To learn how it works, we will scrape the website Monitor Legislativo, which provides information about the candidates in the recent Venezuelan legislative elections.

url <- 'http://eligetucandidato.org/filtro/'

As you can see, the information we want to scrape is hidden behind these two selectors. Let’s see how we can use Selenium to scrape it.

The first step is to (install and) load the two packages associated to RSelenium. Then, we will start a headless browser running in the background.

library(RSelenium)
library(wdman)

server <- phantomjs(port=5000L)
browser <- remoteDriver(browserName = "phantomjs", port=5000L)

Note that you may need to change the server port. Now we can open an instance of PhantomJS and navigate to the URL

browser$open()
browser$navigate(url)

Here’s how we would check that it worked:

src <- browser$getPageSource()
substr(src, 1, 1000)

We can see what the website looks like at any time by taking screenshots. This will become very useful as we start playing with the web form.

browser$screenshot(display=TRUE)

Let’s assume we want to see the results of the state of Distrito Capital for the GPP party. First, let’s use selectorGadget to identify the elements that we’re trying to scrape. Then, click on the list of states and parties to find the exact state and party you would want to scrape.

state <- browser$findElement(using = 'id', value="estado") # #estado
state$sendKeysToElement(list("Distrito Capital"))
browser$screenshot(display=TRUE)

party <- browser$findElement(using = 'id', value="partido")
party$sendKeysToElement(list("GPP"))
browser$screenshot(display=TRUE)

That seemed to work! Finally, let’s find the information for the Send button and click on it.

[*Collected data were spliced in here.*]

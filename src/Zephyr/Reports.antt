-- ===== src/Zephyr/Reports.antt =====
-- What the Zephyr client reports of executions, and which issues it links them to.
use qa_ai_native.Prelude.{
  ◌<◌, String, ◌≡◌, sym, All, Option, some, List, [], ◌∷◌, ◌++◌, if◌then◌else◌, map, length,
  Bool-cases, inl, inr,
}
use qa_ai_native.Json.{
  Json, object, array, nil, Fields, get, get_or, is_truthy, items_of, list_of-items_of,
}
use qa_ai_native.Retry.{Attempt}
use qa_ai_native.Service.{Call, World}
use qa_ai_native.Zephyr.{Config, request, request_json}
use qa_ai_native.Zephyr.Search.{steps_call}
use qa_ai_native.Zephyr.Executions.{
  Execution, issues_of, execution_call, link_call, link_issues, total_steps, create_execution,
  create_test_execution,
}
use qa_ai_native.Zephyr.Payload.{
  wanted_links, issues_of-wanted, TellsExecution, execution-TellsExecution,
}
use qa_ai_native.Service.Sends.{Sends, pure-Sends, Sends-then, Answers}
use qa_ai_native.Zephyr.Sends.{request-Sends, request_json-Sends}

module _ (c : Config) (timestamp : String → Option String) (project_key cycle_key : String)
    (version_id : Option String) (show : Json → String) (reply : Call → Fields)
    (steps : String → List Json) where
  -- The call that creates an execution, for the steps that its test case has.
  abbrev pub created_call : Execution → Call
  created_call e =
      execution_call c timestamp project_key cycle_key version_id (length (steps e.test_case_key)) e

  -- The calls for one execution: its steps are read, it is created, and if it has an identifier it is
  -- linked to its incident and the duplicates.
  abbrev pub calls_of : Execution → List Call
  calls_of e =
      let created = created_call e in
      let execution_id = get "id" (reply created) in
      steps_call c e.test_case_key
      ∷ created
      ∷ (if is_truthy execution_id
          then map (link_call c show execution_id) (wanted_links e.incident)
          else [])

  abbrev pub all_calls : List Execution → List Call
  all_calls [] = []
  all_calls (e ∷ es) = calls_of e ++ all_calls es

  module _ {S : Type 0} (send : Call → S → S × Attempt (Option Json)) (answers : Answers send reply)
      (positive : 0 < c.max_retries)
      (has_steps : (key : String)
        → get_or (array nil) "values" (reply (steps_call c key))
          ≡ array (items_of (steps key))) where
    link_issues-Sends :
        (execution_id : Json) (issues : List Json) (w : World S)
        → Sends
            (map (link_call c show execution_id) issues)
            tt
            w
            (link_issues send c show execution_id issues w)
    unfolding link_issues
    link_issues-Sends execution_id [] w = pure-Sends tt w
    link_issues-Sends execution_id (issue ∷ issues) w =
        let call = link_call c show execution_id issue in
        Sends-then (call ∷ []) (map (link_call c show execution_id) issues)
          (some (object (reply call))) tt w (request send c call w)
          (λ answer. link_issues send c show execution_id issues)
          (request-Sends send c reply answers positive call w)
          (link_issues-Sends execution_id issues _)

    total_steps-Sends :
        (key : String) (w : World S)
        → Sends (steps_call c key ∷ []) (length (steps key)) w (total_steps send c key w)
    unfolding total_steps
    total_steps-Sends key w =
        let call = steps_call c key in
        Sends-then (call ∷ []) [] (object (reply call)) (length (steps key)) w
          (request_json send c call w) _ (request_json-Sends send c reply answers positive call w)
          (rw (has_steps key, list_of-items_of (steps key)) (pure-Sends (length (steps key)) _))

    create_execution-Sends :
        (e : Execution) (w : World S)
        → Sends
            (calls_of e)
            tt
            w
            (create_execution c timestamp project_key cycle_key version_id send show e w)
    unfolding create_execution
    create_execution-Sends e w =
        let total = length (steps e.test_case_key) in
        let call = execution_call c timestamp project_key cycle_key version_id total e in
        let read = total_steps send c e.test_case_key w in
        Sends-then (steps_call c e.test_case_key ∷ []) _ total tt w read _
          (total_steps-Sends e.test_case_key w)
          (Sends-then (call ∷ []) _ (object (reply call)) tt read.0
            (request_json send c call read.0) _
            (request_json-Sends send c reply answers positive call read.0)
            (elim (Bool-cases (is_truthy (get "id" (reply call)))) [
              | inl h ↦
                  rw (h, sym (issues_of-wanted e.incident))
                    (link_issues-Sends (get "id" (reply call)) (issues_of e.incident) _)
              | inr h ↦ rw h (pure-Sends tt _)
            ]))

    all_calls-Sends :
        (es : List Execution) (w : World S)
        → Sends
            (all_calls es)
            tt
            w
            (create_test_execution c timestamp project_key cycle_key version_id send show es w)
    unfolding create_test_execution
    all_calls-Sends [] w = pure-Sends tt w
    all_calls-Sends (e ∷ es) w =
        let one = create_execution c timestamp project_key cycle_key version_id send show e w in
        Sends-then (calls_of e) (all_calls es) tt tt w one
          (λ done. create_test_execution c timestamp project_key cycle_key version_id send show es)
          (create_execution-Sends e w) (all_calls-Sends es one.0)

    executions-TellsExecution :
        (es : List Execution)
        → All
            (λ e.
              TellsExecution project_key cycle_key
                (length (steps e.test_case_key))
                e
                (created_call e).content)
            es
    executions-TellsExecution [] = tt
    executions-TellsExecution (e ∷ es) = (
      execution-TellsExecution c timestamp project_key cycle_key version_id
          (length (steps e.test_case_key)) e,
      executions-TellsExecution es,
    )

    -- If the service answers each call, with a list of the steps of each test case, then the report of
    -- executions succeeds without a retry and sends exactly these calls, in this order: for each
    -- execution the reading of its steps, the execution, and, if the answer to that has an identifier,
    -- a link to the incident, if that has one, and to each of its duplicates with one. The execution
    -- names the project, the test case, the cycle and whether the test passed; it tells for each step
    -- result whether it passed and the error, or else what was found, and that each further step of
    -- the test case was not executed.
    pub create_test_execution-Sends :
        (es : List Execution) (w : World S)
        → Sends
            (all_calls es)
            tt
            w
            (create_test_execution c timestamp project_key cycle_key version_id send show es w)
          × All
              (λ e.
                TellsExecution project_key cycle_key
                  (length (steps e.test_case_key))
                  e
                  (created_call e).content)
              es
    create_test_execution-Sends es w = (all_calls-Sends es w, executions-TellsExecution es)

send <- browser$findElement(using = 'id', value="enviar")
send$clickElement()
browser$screenshot(display=TRUE)

From this website, we want to scrape the URLs to each candidate’s page. Check the website and where the links are first. Note that there are some duplicates, which we will need to clean. As in the previous cases, we can use selectorGadget and inspect to help us identify the information we want to extract. Then, for each of the elements, we will extract the URL and the name of the candidate.

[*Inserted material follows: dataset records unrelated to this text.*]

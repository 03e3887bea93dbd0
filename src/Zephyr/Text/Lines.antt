-- ===== src/Zephyr/Text/Lines.antt =====
-- The rewriting of a text for Zephyr is undone when it is read.
use Prim.Native.Char.{Char, code}
use Prim.Native.String.{String, [], ◌∷◌}
use qa_ai_native.Prelude.{
  ℕ, true, false, ◌&&◌, ◌==◌, List, str_append, ◌≡◌, refl, ap, arith, inl, inr, Bool-cases, All,
  ◌∙◌,
}
use text.Mathlib.TextEquality.{Char-path}
use text.Mathlib.TextLemmas.{nil-append, cons-append}
use qa_ai_native.Zephyr.Text.{
  newline, escape_lines, drop_lines, begins, br, unescape_from, unescape_lines, join_br, cons_first,
  split_from, split_br, has_br, has_newline,
}

-- Characters that neither open a `<br>` nor end a line.
abbrev IsInner : ℕ → Type 0
IsInner n = (n == b'<' ≡ false) × (n == newline ≡ false)

begins-escape_lines :
    (p : List ℕ) (s : String) → All IsInner p → begins p (escape_lines s) ≡ begins p s
unfolding escape_lines
begins-escape_lines List.[] s h = refl
begins-escape_lines (List.◌∷◌ n p) [] h = refl
begins-escape_lines (List.◌∷◌ n p) (c ∷ s) h = ground (arith, h, begins-escape_lines p s)

newline-path : (c : Char) → (code c == newline) ≡ true → c ≡ "\n"
newline-path c h = Char-path c "\n" (ground arith)

has_br-tail : (c : Char) (s : String) → has_br (c ∷ s) ≡ false → has_br s ≡ false
has_br-tail c s h = ground (arith, h)

has_br-here : (c : Char) (s : String) → has_br (c ∷ s) ≡ false → begins br (c ∷ s) ≡ false
has_br-here c s h = ground (arith, h)

-- A character that ends no line begins a `<br>` of the rewritten text only if it did before.
begins-br-escape_lines :
    (c : Char) (s : String) → begins br (c ∷ escape_lines s) ≡ begins br (c ∷ s)
begins-br-escape_lines c s =
    ap (λ b. (code c == b'<') && b)
      (begins-escape_lines (List.◌∷◌ b'b' (List.◌∷◌ b'r' (List.◌∷◌ b'>' List.[]))) s
        ((refl, refl), ((refl, refl), ((refl, refl), tt))))

unescape_from-escape_lines : (s : String) → has_br s ≡ false → unescape_from 0 (escape_lines s) ≡ s
unfolding unescape_from escape_lines
unescape_from-escape_lines [] h = refl
unescape_from-escape_lines (c ∷ s) h =
    let rest = unescape_from-escape_lines s (has_br-tail c s h) in
    elim (Bool-cases (code c == newline)) [
      | inl line ↦ rw (line, newline-path c line) (ap (◌∷◌ "\n") rest)
      | inr other ↦
          let shut : begins br (c ∷ escape_lines s) ≡ false =
            begins-br-escape_lines c s ∙ has_br-here c s h in
          rw (other, shut) (ap (◌∷◌ c) rest)
    ]

-- A text without `<br>` survives that its line ends become `<br>` and are read back.
pub unescape_lines-escape_lines :
    (s : String) → has_br s ≡ false → unescape_lines (escape_lines s) ≡ s
unfolding unescape_lines
unescape_lines-escape_lines s h = unescape_from-escape_lines s h

begins-append_br :
    (p : List ℕ) (s t : String)
    → All IsInner p
    → begins p (str_append s (str_append "<br>" t)) ≡ begins p s
begins-append_br List.[] s t h = refl
begins-append_br (List.◌∷◌ n p) [] t h = rw (nil-append, cons-append) (ground (arith, h))
begins-append_br (List.◌∷◌ n p) (c ∷ s) t h =
    rw cons-append (ap (λ b. (code c == n) && b) (begins-append_br p s t h.1))

split_from-append_br :
    (s t : String)
    → has_br s ≡ false
    → split_from 0 (str_append s (str_append "<br>" t)) ≡ List.◌∷◌ s (split_from 0 t)
unfolding split_from
split_from-append_br [] t h =
    rw (nil-append, cons-append, cons-append, cons-append, cons-append, nil-append) refl
split_from-append_br (c ∷ s) t h =
    let shut : begins br (c ∷ str_append s (str_append "<br>" t)) ≡ false =
      ap (λ b. (code c == b'<') && b)
        (begins-append_br (List.◌∷◌ b'b' (List.◌∷◌ b'r' (List.◌∷◌ b'>' List.[]))) s t
          ((refl, refl), ((refl, refl), ((refl, refl), tt))))
      ∙ has_br-here c s h in
    rw (cons-append, shut) (ap (cons_first c) (split_from-append_br s t (has_br-tail c s h)))

split_from-one : (s : String) → has_br s ≡ false → split_from 0 s ≡ List.◌∷◌ s List.[]
unfolding split_from
split_from-one [] h = refl
split_from-one (c ∷ s) h =
    rw (has_br-here c s h) (ap (cons_first c) (split_from-one s (has_br-tail c s h)))

-- The items without `<br>` that are joined are those that the text is split into.
pub split_br-join_br :
    (s : String) (l : List String)
    → All (λ t. has_br t ≡ false) (List.◌∷◌ s l)
    → split_br (join_br (List.◌∷◌ s l)) ≡ List.◌∷◌ s l
unfolding split_br join_br
split_br-join_br s List.[] h = split_from-one s h.0
split_br-join_br s (List.◌∷◌ t l) h =
    split_from-append_br s (join_br (List.◌∷◌ t l)) h.0 ∙ ap (List.◌∷◌ s) (split_br-join_br t l h.1)

drop_lines-none : (s : String) → has_newline s ≡ false → drop_lines s ≡ s
unfolding drop_lines
drop_lines-none [] h = refl
drop_lines-none (c ∷ s) h =
    let here : (code c == newline) ≡ false = ground (arith, h) in
    rw here (ap (◌∷◌ c) (drop_lines-none s (ground (arith, h))))

drop_lines-append :
    (s t : String) → drop_lines (str_append s t) ≡ str_append (drop_lines s) (drop_lines t)
unfolding drop_lines
drop_lines-append [] t = rw (nil-append, nil-append) refl
drop_lines-append (c ∷ s) t =
    let rest = drop_lines-append s t in
    elim (Bool-cases (code c == newline)) [
      | inl line ↦ rw (cons-append, line) rest
      | inr other ↦ rw (cons-append, other, cons-append) (ap (◌∷◌ c) rest)
    ]

-- Joined items lose no character when none of them ends a line.
pub drop_lines-join_br :
    (l : List String) → All (λ t. has_newline t ≡ false) l → drop_lines (join_br l) ≡ join_br l
unfolding join_br drop_lines
drop_lines-join_br List.[] h = refl
drop_lines-join_br (List.◌∷◌ s List.[]) h = drop_lines-none s h.0
drop_lines-join_br (List.◌∷◌ s (List.◌∷◌ t l)) h =
    rw
      (
        drop_lines-append s (str_append "<br>" (join_br (List.◌∷◌ t l))),
        drop_lines-append "<br>" (join_br (List.◌∷◌ t l)),
        drop_lines-join_br (List.◌∷◌ t l) h.1,
        drop_lines-none s h.0,
      )
      refl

links <- browser$findElements(using="css selector", value=".portfolio_title a")

urls <- rep(NA, length(links))
names <- rep(NA, length(links))
for (i in 1:length(links)){
    urls[i] <- links[[i]]$getElementAttribute('href')[[1]]
    names[i] <- links[[i]]$getElementText()[[1]]
}

# removing duplicates
urls <- urls[!duplicated(urls)]
urls

The final step would be to scrape the information from each of these candidate websites, and do all of this inside loops over states and parties, and then candidates. I will not cover the rest of the example in class, but I’m pasting the code below in case you want to use parts of it for your projects.

Before we switch topics, one more thing: it’s important to clean up after we scrape some data by closing the browser that we opened in the background.

browser$close()

And now, here’s the rest of the code:

############################################################
## first, we scrape the list of districts and parties
############################################################

url <- 'http://eligetucandidato.org/filtro/'
txt <- readLines(url)

estados <- txt[288:311]
estados <- gsub(".*>(.*)<.*", estados, repl="\\1")

partidos <- txt[315:317]
partidos <- gsub(".*>(.*)<.*", partidos, repl="\\1")

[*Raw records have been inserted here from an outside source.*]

-- ===== src/Zephyr/RoundTrip.antt =====
-- What the Zephyr client writes is what it reads.
use qa_ai_native.Prelude.{
  String, Option, none, some, ◌≡◌, ◌≢◌, refl, ap, false, List, [], ◌∷◌, All, map, str_eq, eq_iff,
  Bool-cases, inl, inr, sym,
}
use qa_ai_native.Json.{
  string, array, object, get, get_or, dict, items_of, texts, or_null, list_of-items_of,
  texts_of-texts,
}
use qa_ai_native.TestCases.{TestStep, TestCase}
use qa_ai_native.Zephyr.Text.{has_br, has_newline, drop_lines, join_br, split_br}
use qa_ai_native.Zephyr.Text.Lines.{
  unescape_lines-escape_lines, split_br-join_br, drop_lines-join_br,
}
use qa_ai_native.Zephyr.Cases.{step_payload, test_case_entries}
use qa_ai_native.Zephyr.Parse.{step_of, steps_of, test_case_of, text?, or_empty, optional_text?}

-- A step with data, none of whose texts holds a `<br>`, and none of whose data ends a line.
pub record IsPlain (step : TestStep) : Type 0 where
  pub expected : has_br step.expected_results ≡ false
  pub nonempty : step.test_data ≢ []
  pub unbroken : All (λ t. has_br t ≡ false) step.test_data
  pub one_line : All (λ t. has_newline t ≡ false) step.test_data

data_of :
    (l : List String)
    → l ≢ []
    → All (λ t. has_br t ≡ false) l
    → All (λ t. has_newline t ≡ false) l
    → split_br (drop_lines (join_br l)) ≡ l
data_of [] h b n = absurd (h refl)
data_of (s ∷ l) h b n = rw (drop_lines-join_br (s ∷ l) n) (split_br-join_br s l b)

text?-or_empty : (s : String) → text? (or_empty (string s)) ≡ some s
text?-or_empty s = elim (Bool-cases (str_eq s "")) [
  | inl empty ↦ rw empty (ap some (sym ((eq_iff s "").0 empty)))
  | inr filled ↦ rw filled refl
]

optional_text?-or_null : (o : Option String) → optional_text? (or_null o) ≡ some o
optional_text?-or_null none = refl
optional_text?-or_null (some s) = refl

pub step_of-step_payload :
    (step : TestStep) → IsPlain step → step_of (step_payload step) ≡ some step
unfolding step_of get get_or
step_of-step_payload step p =
    rw
      (
        text?-or_empty (drop_lines (join_br step.test_data)),
        data_of step.test_data p.nonempty p.unbroken p.one_line,
        unescape_lines-escape_lines step.expected_results p.expected,
      )
      refl

steps_of-map :
    (steps : List TestStep) → All IsPlain steps → steps_of (map step_payload steps) ≡ some steps
unfolding steps_of
steps_of-map [] h = refl
steps_of-map (step ∷ steps) h = rw (step_of-step_payload step h.0, steps_of-map steps h.1) refl

-- If the service answers with what a test case was created with, under its key and labels, and with
-- the steps that were added, then the test case that the client reads has the name, the summary, the
-- preconditions and the steps that were written, provided that each step has data, that no expected
-- result and no data hold a `<br>`, and that no data has a line end.
pub test_case_of-created :
    (parent : Option String) (project_key key : String) (labels : List String) (tc : TestCase)
    → All IsPlain tc.steps
    → test_case_of parent
        (dict (
          ("key", string key)
          ∷ ("labels", array (items_of (texts labels)))
          ∷ test_case_entries project_key tc))
        (object (dict (("values", array (items_of (map step_payload tc.steps))) ∷ [])))
      ≡ some (record tc { key = key; labels = labels; comment = ""; parent_issue_key = parent })
unfolding test_case_of get get_or
test_case_of-created parent project_key key labels tc h =
    rw
      (
        list_of-items_of (map step_payload tc.steps),
        steps_of-map tc.steps h,
        optional_text?-or_null tc.preconditions,
        list_of-items_of (texts labels),
        texts_of-texts labels,
      )
      refl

############################################################
## now, loop over pages to extract the URL for each candidate
############################################################

library(RSelenium)
library(RSelenium)
library(wdman)

server <- phantomjs(port=4446L, verbose=FALSE)
browser <- remoteDriver(browserName = "phantomjs", port=4446L)

browser$open()

candidatos <- c()

for (estado in estados){
    message(estado)
    for (partido in partidos){
        message(partido)

        browser$navigate(url)
        # input: estado
        Sys.sleep(1)
        more <- browser$findElement(using = 'id', value="estado")
        more$sendKeysToElement(list(estado))
        # input: partido
        Sys.sleep(1)
        more <- browser$findElement(using = 'id', value="partido")
        more$sendKeysToElement(list(partido))
        # click on "buscar"
        more <- browser$findElement(using = 'id', value="enviar")
        more$clickElement()
        # extracting URLS
        more <- browser$findElements(using = 'xpath', value="//a[@target='_self']")
        count <- 0
        while (length(more)<2 & count < 10){
            Sys.sleep(1)
            more <- browser$findElements(using = 'xpath', value="//a[@target='_self']")
            count <- count + 1
        }
        urls <- unlist(sapply(more, function(x) x$getElementAttribute('href')))
        urls <- unique(urls)

        candidatos <- c(candidatos, urls)
        message(length(urls), ' candidatos nuevos, ', length(candidatos), ' en total')


    }
}

writeLines(candidatos, con=file("candidatos-urls.txt"))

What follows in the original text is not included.